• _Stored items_
····················
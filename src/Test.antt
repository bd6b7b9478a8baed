-- ===== src/Test.antt =====
-- src/test.rs: how the test classes are dealt out to test JVMs and to machines, and coverage
-- minimums.
pub mod Shares
pub mod Shards
pub mod Coverage
mod Examples
use jrs.Prelude.{
  ℕ, zero, suc, Text, codes, Bool, true, false, not, ◌&&◌, ◌||◌, ◌==◌, nat_eq, list_eq, Option,
  none, some, List, ◌∷◌, [], ◌++◌, map, if◌then◌else◌, length, get_or, set, replicate, retain, ◌+◌,
  ◌*◌, ◌/◌, ◌%◌, ◌^◌, ◌-◌, min, max, ltb, leb, nat_beq, lookup, contains_key, split, trim,
  parse_unsigned, get_elem?, Ordering,
}
use jrs.Coord.{compare_text}

abbrev classes_per_fork : ℕ
classes_per_fork = 8

unfoldable pub default_forks : ℕ → ℕ → ℕ
default_forks classes cores = max (min (cores / 2) (classes / classes_per_fork)) 1

abbrev pub Times : Type 0
Times = List (Text × ℕ)

abbrev pub at_most : Text → Text → Bool
at_most a b = elim (compare_text a b) [ Ordering.gt ↦ false | _ ↦ true ]

abbrev pub time_of : Times → Text → ℕ
time_of times c = elim (lookup c times) [ none ↦ 0 | some n ↦ n ]

-- `times[b].cmp(&times[a]).then(a.cmp(b))`, as whether `a` may come before `b`.
abbrev pub slower : Times → Text → Text → Bool
slower times a b =
    if time_of times a == time_of times b
    then at_most a b
    else ltb (time_of times b) (time_of times a)

-- A stable sort by an order.
pub insert_by : (Text → Text → Bool) → Text → List Text → List Text
insert_by before x [] = x ∷ []
insert_by before x (y ∷ ys) =
    let rest = insert_by before x ys in if before x y then x ∷ y ∷ ys else y ∷ rest

pub sort_by : (Text → Text → Bool) → List Text → List Text
sort_by before [] = []
sort_by before (x ∷ xs) = insert_by before x (sort_by before xs)

-- A share, with the time of its classes.
abbrev pub Share : Type 0
Share = List Text × ℕ

-- `(load[i], shares[i].len(), i)`, without the index: the earlier of two equal keys is kept.
abbrev pub lighter : Share → Share → Bool
lighter a b = ltb a.1 b.1 || (a.1 == b.1 && ltb (length a.0) (length b.0))

abbrev pub smaller : Share → Share → Bool
smaller a b = ltb (length a.0) (length b.0)

pub least_from : (Share → Share → Bool) → ℕ → ℕ → Share → List Share → ℕ
least_from less i best b [] = best
least_from less i best b (s ∷ ss) =
    let here = least_from less (i + 1) i s ss in
    let before = least_from less (i + 1) best b ss in if less s b then here else before

-- `(0..forks).min_by_key(...).unwrap_or(0)`.
pub least : (Share → Share → Bool) → List Share → ℕ
least less [] = 0
least less (s ∷ ss) = least_from less 1 0 s ss

abbrev pub empty_share : Share
empty_share = ([], 0)

-- One class more in a share, and its time, as u64 adds it.
abbrev pub give : Text → ℕ → Share → Share
give c millis s = (s.0 ++ c ∷ [], (s.1 + millis) % 2 ^ 64)

pub deal : (Share → Share → Bool) → (Text → ℕ) → List Share → List Text → List Share
deal less time shares [] = shares
deal less time shares (c ∷ cs) =
    let i = least less shares in
    deal less time (set shares i (give c (time c) (get_or shares i empty_share))) cs

abbrev pub forks_of : ℕ → List Text → ℕ
forks_of forks classes = max (min forks (length classes)) 1

abbrev pub is_measured : Times → Text → Bool
is_measured times c = contains_key c times

-- `split`.
unfoldable pub shares_of : List Text → ℕ → Times → List (List Text)
unfolding deal least least_from sort_by insert_by
shares_of classes forks times =
    let measured = sort_by (slower times) (retain (is_measured times) classes) in
    let unmeasured = retain (λ c. not (is_measured times c)) classes in
    let dealt =
      deal lighter (time_of times) (replicate (forks_of forks classes) empty_share) measured in
    map (λ (s : Share). sort_by at_most s.0) (deal smaller (λ _. 0) dealt unmeasured)

pub record Shard : Type 0 where
  pub index : ℕ
  pub count : ℕ

pub data ShardError : Type 0 where
  does_not_exist : ℕ → ℕ → ShardError
  is_not_a_shard : Text → ShardError

pub data ParsedShard : Type 0 where
  parsed : Shard → ParsedShard
  invalid : ShardError → ParsedShard

-- `s.split_once('/')`.
pub split_once : Text → Option (Text × Text)
split_once [] = none
split_once (c ∷ s) =
    let rest = split_once s in
    if c == b'/' then some ([], s) else elim rest [ none ↦ none | some (a, b) ↦ some (c ∷ a, b) ]

-- `usize` has 64 bits.
abbrev usize_max : ℕ
usize_max = 2 ^ 64 - 1

pub both_numbers : Option (Text × Text) → Option (ℕ × ℕ)
both_numbers none = none
both_numbers (some (i, n)) = elim (parse_unsigned usize_max (trim i)) [
  | none ↦ none
  | some index ↦ elim (parse_unsigned usize_max (trim n)) [
    | none ↦ none
    | some count ↦ some (index, count)
  ]
]

pub shard_of : Text → Option (ℕ × ℕ) → ParsedShard
shard_of s none = invalid (is_not_a_shard s)
shard_of s (some (index, count)) =
    if leb 1 index && leb index count
    then parsed (record { index = index; count = count })
    else invalid (does_not_exist index count)

-- `Shard::parse`.
unfoldable pub parse_shard : Text → ParsedShard
unfolding both_numbers split_once shard_of
parse_shard s = shard_of s (both_numbers (split_once s))

-- `Shard::select`.
unfoldable pub select : Shard → List Text → List Text
unfolding shares_of sort_by insert_by
select shard classes =
    get_or (shares_of (sort_by at_most classes) shard.count []) (shard.index - 1) []

unfoldable pub top_level_class : Text → Text
top_level_class c = elim (split b'$' c) [ [] ↦ c | top ∷ _ ↦ top ]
····················
Reproduce the data exactly, character for character.

• _WRITTEN ANSWER_
filename src/Test.antt
repository bd6b7b9478a8baed
-- ===== src/Test.antt =====
-- src/test.rs: how the test classes are dealt out to test JVMs and to machines, and coverage
-- minimums.
pub mod Shares
pub mod Shards
pub mod Coverage
mod Examples
use jrs.Prelude.{
  ℕ, zero, suc, Text, codes, Bool, true, false, not, ◌&&◌, ◌||◌, ◌==◌, nat_eq, list_eq, Option,
  none, some, List, ◌∷◌, [], ◌++◌, map, if◌then◌else◌, length, get_or, set, replicate, retain, ◌+◌,
  ◌*◌, ◌/◌, ◌%◌, ◌^◌, ◌-◌, min, max, ltb, leb, nat_beq, lookup, contains_key, split, trim,
  parse_unsigned, get_elem?, Ordering,
}
use jrs.Coord.{compare_text}

abbrev classes_per_fork : ℕ
classes_per_fork = 8

unfoldable pub default_forks : ℕ → ℕ → ℕ
default_forks classes cores = max (min (cores / 2) (classes / classes_per_fork)) 1

abbrev pub Times : Type 0
Times = List (Text × ℕ)

abbrev pub at_most : Text → Text → Bool
at_most a b = elim (compare_text a b) [ Ordering.gt ↦ false | _ ↦ true ]

abbrev pub time_of : Times → Text → ℕ
time_of times c = elim (lookup c times) [ none ↦ 0 | some n ↦ n ]

-- `times[b].cmp(&times[a]).then(a.cmp(b))`, as whether `a` may come before `b`.
abbrev pub slower : Times → Text → Text → Bool
slower times a b =
    if time_of times a == time_of times b
    then at_most a b
    else ltb (time_of times b) (time_of times a)

-- A stable sort by an order.
pub insert_by : (Text → Text → Bool) → Text → List Text → List Text
insert_by before x [] = x ∷ []
insert_by before x (y ∷ ys) =
    let rest = insert_by before x ys in if before x y then x ∷ y ∷ ys else y ∷ rest

pub sort_by : (Text → Text → Bool) → List Text → List Text
sort_by before [] = []
sort_by before (x ∷ xs) = insert_by before x (sort_by before xs)

-- A share, with the time of its classes.
abbrev pub Share : Type 0
Share = List Text × ℕ

-- `(load[i], shares[i].len(), i)`, without the index: the earlier of two equal keys is kept.
abbrev pub lighter : Share → Share → Bool
lighter a b = ltb a.1 b.1 || (a.1 == b.1 && ltb (length a.0) (length b.0))

abbrev pub smaller : Share → Share → Bool
smaller a b = ltb (length a.0) (length b.0)

pub least_from : (Share → Share → Bool) → ℕ → ℕ → Share → List Share → ℕ
least_from less i best b [] = best
least_from less i best b (s ∷ ss) =
    let here = least_from less (i + 1) i s ss in
    let before = least_from less (i + 1) best b ss in if less s b then here else before

-- `(0..forks).min_by_key(...).unwrap_or(0)`.
pub least : (Share → Share → Bool) → List Share → ℕ
least less [] = 0
least less (s ∷ ss) = least_from less 1 0 s ss

abbrev pub empty_share : Share
empty_share = ([], 0)

-- One class more in a share, and its time, as u64 adds it.
abbrev pub give : Text → ℕ → Share → Share
give c millis s = (s.0 ++ c ∷ [], (s.1 + millis) % 2 ^ 64)

pub deal : (Share → Share → Bool) → (Text → ℕ) → List Share → List Text → List Share
deal less time shares [] = shares
deal less time shares (c ∷ cs) =
    let i = least less shares in
    deal less time (set shares i (give c (time c) (get_or shares i empty_share))) cs

abbrev pub forks_of : ℕ → List Text → ℕ
forks_of forks classes = max (min forks (length classes)) 1

abbrev pub is_measured : Times → Text → Bool
is_measured times c = contains_key c times

-- `split`.
unfoldable pub shares_of : List Text → ℕ → Times → List (List Text)
unfolding deal least least_from sort_by insert_by
shares_of classes forks times =
    let measured = sort_by (slower times) (retain (is_measured times) classes) in
    let unmeasured = retain (λ c. not (is_measured times c)) classes in
    let dealt =
      deal lighter (time_of times) (replicate (forks_of forks classes) empty_share) measured in
    map (λ (s : Share). sort_by at_most s.0) (deal smaller (λ _. 0) dealt unmeasured)

pub record Shard : Type 0 where
  pub index : ℕ
  pub count : ℕ

pub data ShardError : Type 0 where
  does_not_exist : ℕ → ℕ → ShardError
  is_not_a_shard : Text → ShardError

pub data ParsedShard : Type 0 where
  parsed : Shard → ParsedShard
  invalid : ShardError → ParsedShard

-- `s.split_once('/')`.
pub split_once : Text → Option (Text × Text)
split_once [] = none
split_once (c ∷ s) =
    let rest = split_once s in
    if c == b'/' then some ([], s) else elim rest [ none ↦ none | some (a, b) ↦ some (c ∷ a, b) ]

-- `usize` has 64 bits.
abbrev usize_max : ℕ
usize_max = 2 ^ 64 - 1

pub both_numbers : Option (Text × Text) → Option (ℕ × ℕ)
both_numbers none = none
both_numbers (some (i, n)) = elim (parse_unsigned usize_max (trim i)) [
  | none ↦ none
  | some index ↦ elim (parse_unsigned usize_max (trim n)) [
    | none ↦ none
    | some count ↦ some (index, count)
  ]
]

pub shard_of : Text → Option (ℕ × ℕ) → ParsedShard
shard_of s none = invalid (is_not_a_shard s)
shard_of s (some (index, count)) =
    if leb 1 index && leb index count
    then parsed (record { index = index; count = count })
    else invalid (does_not_exist index count)

-- `Shard::parse`.
unfoldable pub parse_shard : Text → ParsedShard
unfolding both_numbers split_once shard_of
parse_shard s = shard_of s (both_numbers (split_once s))

-- `Shard::select`.
unfoldable pub select : Shard → List Text → List Text
unfolding shares_of sort_by insert_by
select shard classes =
    get_or (shares_of (sort_by at_most classes) shard.count []) (shard.index - 1) []

unfoldable pub top_level_class : Text → Text
top_level_class c = elim (split b'$' c) [ [] ↦ c | top ∷ _ ↦ top ]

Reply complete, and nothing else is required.